What the exercise asks: Every line of the records below that holds the word "cases" should be copied out.

Data supplied:
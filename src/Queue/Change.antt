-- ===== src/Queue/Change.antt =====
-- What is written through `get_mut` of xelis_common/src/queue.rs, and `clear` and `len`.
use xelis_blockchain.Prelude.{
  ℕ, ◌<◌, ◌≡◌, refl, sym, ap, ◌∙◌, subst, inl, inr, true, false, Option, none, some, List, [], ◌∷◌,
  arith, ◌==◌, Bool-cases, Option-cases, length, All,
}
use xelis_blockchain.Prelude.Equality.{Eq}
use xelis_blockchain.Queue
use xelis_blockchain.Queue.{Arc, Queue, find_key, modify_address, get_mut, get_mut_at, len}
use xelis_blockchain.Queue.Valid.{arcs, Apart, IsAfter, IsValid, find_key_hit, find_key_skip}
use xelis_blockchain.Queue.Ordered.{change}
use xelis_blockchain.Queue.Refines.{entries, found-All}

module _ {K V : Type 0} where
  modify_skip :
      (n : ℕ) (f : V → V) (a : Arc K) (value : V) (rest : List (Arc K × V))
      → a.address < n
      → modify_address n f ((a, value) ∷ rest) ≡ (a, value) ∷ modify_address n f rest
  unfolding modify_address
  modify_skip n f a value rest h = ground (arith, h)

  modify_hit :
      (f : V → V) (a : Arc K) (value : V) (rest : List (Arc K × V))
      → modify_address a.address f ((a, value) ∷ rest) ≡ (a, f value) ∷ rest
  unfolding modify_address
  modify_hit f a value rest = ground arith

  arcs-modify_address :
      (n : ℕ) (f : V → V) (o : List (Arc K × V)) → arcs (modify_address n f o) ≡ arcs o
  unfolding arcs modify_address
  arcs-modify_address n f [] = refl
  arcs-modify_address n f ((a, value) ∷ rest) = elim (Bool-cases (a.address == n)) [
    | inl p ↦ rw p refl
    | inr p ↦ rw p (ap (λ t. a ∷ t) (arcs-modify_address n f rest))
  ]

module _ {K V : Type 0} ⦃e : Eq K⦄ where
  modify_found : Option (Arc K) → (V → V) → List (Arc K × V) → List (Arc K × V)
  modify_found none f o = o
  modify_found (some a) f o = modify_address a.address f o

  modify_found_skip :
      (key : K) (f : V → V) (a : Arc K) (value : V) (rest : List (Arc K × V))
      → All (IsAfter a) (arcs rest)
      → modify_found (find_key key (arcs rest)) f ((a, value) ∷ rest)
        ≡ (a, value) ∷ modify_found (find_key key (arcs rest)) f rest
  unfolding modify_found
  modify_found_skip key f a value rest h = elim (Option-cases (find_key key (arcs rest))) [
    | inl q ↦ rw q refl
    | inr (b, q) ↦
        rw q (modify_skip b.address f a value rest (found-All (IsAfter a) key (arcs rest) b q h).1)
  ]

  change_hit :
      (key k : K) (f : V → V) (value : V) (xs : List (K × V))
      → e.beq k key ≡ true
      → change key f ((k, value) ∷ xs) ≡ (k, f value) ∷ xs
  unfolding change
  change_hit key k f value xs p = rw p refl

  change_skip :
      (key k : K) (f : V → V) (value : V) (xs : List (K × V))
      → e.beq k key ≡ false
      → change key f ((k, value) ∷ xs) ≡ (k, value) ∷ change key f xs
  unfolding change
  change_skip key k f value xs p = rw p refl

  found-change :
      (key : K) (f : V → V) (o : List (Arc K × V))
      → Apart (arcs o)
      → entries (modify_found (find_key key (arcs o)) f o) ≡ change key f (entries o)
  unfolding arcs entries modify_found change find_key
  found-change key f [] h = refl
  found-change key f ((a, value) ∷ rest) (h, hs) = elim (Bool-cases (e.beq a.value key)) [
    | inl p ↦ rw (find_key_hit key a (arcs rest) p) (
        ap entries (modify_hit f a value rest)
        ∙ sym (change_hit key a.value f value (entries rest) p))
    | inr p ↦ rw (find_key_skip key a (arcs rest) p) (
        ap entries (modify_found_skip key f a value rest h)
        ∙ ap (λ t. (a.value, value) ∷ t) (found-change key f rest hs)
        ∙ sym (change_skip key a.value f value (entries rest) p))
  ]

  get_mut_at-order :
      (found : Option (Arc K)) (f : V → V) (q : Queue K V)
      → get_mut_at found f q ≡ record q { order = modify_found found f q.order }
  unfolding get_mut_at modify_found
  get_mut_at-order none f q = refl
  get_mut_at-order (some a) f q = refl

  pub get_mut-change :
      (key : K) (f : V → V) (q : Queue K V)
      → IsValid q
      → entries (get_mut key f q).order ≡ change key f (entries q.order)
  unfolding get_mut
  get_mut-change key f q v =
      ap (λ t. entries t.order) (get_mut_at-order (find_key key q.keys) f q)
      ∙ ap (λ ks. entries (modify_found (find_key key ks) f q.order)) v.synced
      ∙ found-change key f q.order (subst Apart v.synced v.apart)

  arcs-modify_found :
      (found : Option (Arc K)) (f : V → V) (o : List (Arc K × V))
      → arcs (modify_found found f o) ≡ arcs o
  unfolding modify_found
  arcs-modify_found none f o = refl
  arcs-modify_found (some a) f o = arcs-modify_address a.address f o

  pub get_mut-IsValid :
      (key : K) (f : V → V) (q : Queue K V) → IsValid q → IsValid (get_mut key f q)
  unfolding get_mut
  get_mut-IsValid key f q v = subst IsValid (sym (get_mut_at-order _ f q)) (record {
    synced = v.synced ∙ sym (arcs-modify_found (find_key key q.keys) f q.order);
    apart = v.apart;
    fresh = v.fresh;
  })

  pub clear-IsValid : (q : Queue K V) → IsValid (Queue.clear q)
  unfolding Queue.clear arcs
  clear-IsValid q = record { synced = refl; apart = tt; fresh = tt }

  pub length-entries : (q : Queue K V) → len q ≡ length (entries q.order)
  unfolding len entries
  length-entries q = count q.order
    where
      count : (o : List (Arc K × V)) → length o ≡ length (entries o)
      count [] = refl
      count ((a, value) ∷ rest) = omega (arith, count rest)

Response for this exercise:
  arith, ◌==◌, Bool-cases, Option-cases, length, All,
  arcs-modify_address n f ((a, value) ∷ rest) = elim (Bool-cases (a.address == n)) [
  modify_found_skip key f a value rest h = elim (Option-cases (find_key key (arcs rest))) [
  found-change key f ((a, value) ∷ rest) (h, hs) = elim (Bool-cases (e.beq a.value key)) [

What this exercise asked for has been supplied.